India’s scrutiny of Chinese firms turns to MG Motor

MG Motor India is the local subsidiary of China’s state-owned automotive company SAIC Motor. PHOTO: MORRIS GARAGES INDIA/FACEBOOK

BENGALURU - India has begun an inquiry into China-owned carmaker MG Motor India over alleged financial irregularities, in yet another instance of deepening scrutiny of Chinese firms operating in the country. 

The company has responded that it is fully cooperating with the authorities by providing the “desired records and information” within the deadline. 

MG Motor India is the local subsidiary of China’s state-owned automotive company SAIC Motor.

It was set up in India in 2017 to sell British MG marque cars such as Astor, Hector and Gloster.

In 2019, it began manufacturing operations in Halol, in the western state of Gujarat. 

India’s Ministry of Corporate Affairs initiated an inquiry into MG Motor in October about alleged tax evasion and irregularities in invoicing and some transactions, reported The Economic Times, citing sources.

The Registrar of Companies that oversees companies in India has since summoned the company’s directors and auditors for clarifications.

An MG Motor spokesman told The Straits Times that the government has asked for the reasons behind its losses in 2019-2020, the first year of its operations.

The company stated that “it is impossible for any automobile company to be profitable in the very first year of its operations”.

“This is because of the huge (capital expenditure) investment required and the long gestation period in a highly competitive market such as India, where many multinationals have struggled for decades and have accumulated losses.”

It added: “MG Motor India is a law-abiding, professionally managed company that adheres to the highest standards of compliance and governance and is committed to transparency.” 
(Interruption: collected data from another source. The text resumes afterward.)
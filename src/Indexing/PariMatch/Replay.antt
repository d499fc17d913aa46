-- ===== src/Indexing/PariMatch/Replay.antt =====
-- The overlap of the cursor hands the last blocks over again with every tick.
use chiliztv_com.Base.{
  [], ◌∷◌, Pairwise, ℕ, ◌≤◌, false, List, ◌≡◌, refl, ◌⊎◌, ◌&&◌, text_eq, to_lower_case, All,
}
use chiliztv_com.Indexing.Bets.{to_row}
use chiliztv_com.Indexing.PariMatch.{
  run_logs, Event, position_taken, position_claimed, stake_refunded, market_resolved,
  market_cancelled, market_created, market_state_changed, leaderboard_record_failed, other,
  ChainLog, Ledger, MatchWithContract, bet_of, dispatch,
}
use chiliztv_com.Indexing.PariMatch.Phases.{calm, market_of, phase, same_number, Follows, Done}
use chiliztv_com.Indexing.PariMatch.Once.{Done-nothing, dispatch-Done}
use chiliztv_com.Indexing.PariMatch.Kept.{stored-kept, row-kept, closed-kept, claimed-kept}

module _ (now : ℕ) (matches : List MatchWithContract) where
  Done-kept :
      (log later : ChainLog) (event : Event) (ledger : Ledger)
      → ((text_eq (to_lower_case log.address) (to_lower_case later.address)
            && same_number (market_of event) (market_of later.event))
          ≡ false)
        ⊎ (phase event ≤ phase later.event)
      → Done log event ledger
      → Done log event (dispatch (calm now) matches later later.event ledger)
  Done-kept log later (position_taken market user outcome stake outcome_pool total_pool) ledger f
        d =
      row-kept now matches (to_row (bet_of market user outcome stake outcome_pool total_pool log))
        later later.event ledger d
  Done-kept log later (position_claimed market user payout) ledger f d =
      claimed-kept now matches log later market user later.event ledger f d
  Done-kept log later (stake_refunded market user amount) ledger f d =
      claimed-kept now matches log later market user later.event ledger f d
  Done-kept log later (market_resolved market result) ledger f (e, d) = (
    stored-kept now matches log later later.event ledger e,
    closed-kept now matches log later market later.event ledger f d,
  )
  Done-kept log later (market_cancelled market) ledger f (e, d) = (
    stored-kept now matches log later later.event ledger e,
    closed-kept now matches log later market later.event ledger f d,
  )
  Done-kept log later (market_created market) ledger f d =
      stored-kept now matches log later later.event ledger d
  Done-kept log later (market_state_changed market) ledger f d =
      stored-kept now matches log later later.event ledger d
  Done-kept log later leaderboard_record_failed ledger f d =
      stored-kept now matches log later later.event ledger d
  Done-kept log later other ledger f d = tt

  run_logs-kept :
      (log : ChainLog) (logs : List ChainLog) (ledger : Ledger)
      → All (Follows log) logs
      → Done log log.event ledger
      → Done log log.event (run_logs (calm now) matches logs ledger)
  unfolding run_logs
  run_logs-kept log [] ledger f d = d
  run_logs-kept log (later ∷ logs) ledger (f, rest) d =
      run_logs-kept log logs (dispatch (calm now) matches later later.event ledger) rest
        (Done-kept log later log.event ledger f d)

  run_logs-Done :
      (logs : List ChainLog) (ledger : Ledger)
      → Pairwise Follows logs
      → All (λ log. Done log log.event (run_logs (calm now) matches logs ledger)) logs
  unfolding run_logs
  run_logs-Done [] ledger f = tt
  run_logs-Done (log ∷ logs) ledger (f, rest) = (
    run_logs-kept log logs (dispatch (calm now) matches log log.event ledger) f
        (dispatch-Done now matches log log.event ledger),
    run_logs-Done logs (dispatch (calm now) matches log log.event ledger) rest,
  )

  run_logs-nothing :
      (logs : List ChainLog) (ledger : Ledger)
      → All (λ log. Done log log.event ledger) logs
      → run_logs (calm now) matches logs ledger ≡ ledger
  unfolding run_logs
  run_logs-nothing [] ledger d = refl
  run_logs-nothing (log ∷ logs) ledger (d, rest) =
      rw (Done-nothing now matches log log.event ledger d) (run_logs-nothing logs ledger rest)

-- Where nothing fails, handing the logs of a range over once more, at any later time, changes neither
-- table and sends nothing, whatever the tables held before, provided that the logs stand in the order
-- that the chain allows: of one market, no bet comes after the decision and no decision after a payment.
pub run_logs_replay :
    (now later : ℕ) (matches others : List MatchWithContract) (logs : List ChainLog)
    (ledger : Ledger)
    → Pairwise Follows logs
    → run_logs (calm later) others logs (run_logs (calm now) matches logs ledger)
      ≡ run_logs (calm now) matches logs ledger
run_logs_replay now later matches others logs ledger f =
    run_logs-nothing later others logs (run_logs (calm now) matches logs ledger)
      (run_logs-Done now matches logs ledger f)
The company reported a 53 per cent year-on-year rise in sales in October, at 4,367 units.

The probe into MG Motor’s finances is part of a series of investigations this year into alleged tax evasion and money laundering by Chinese firms operating in India. 

Other Chinese firms, including electronics makers Xiaomi, Oppo and Vivo and telecoms company ZTE, have also faced probes in India over alleged money laundering, illegal remittances and the reporting of false losses in order to avoid paying taxes in India.

The Enforcement Directorate, India’s financial crimes watchdog, has frozen around US$670 million (S$940 million) of Xiaomi’s bank assets under foreign exchange laws since April.

In July, it froze 119 bank accounts linked to Vivo, even as the company’s directors fled the country.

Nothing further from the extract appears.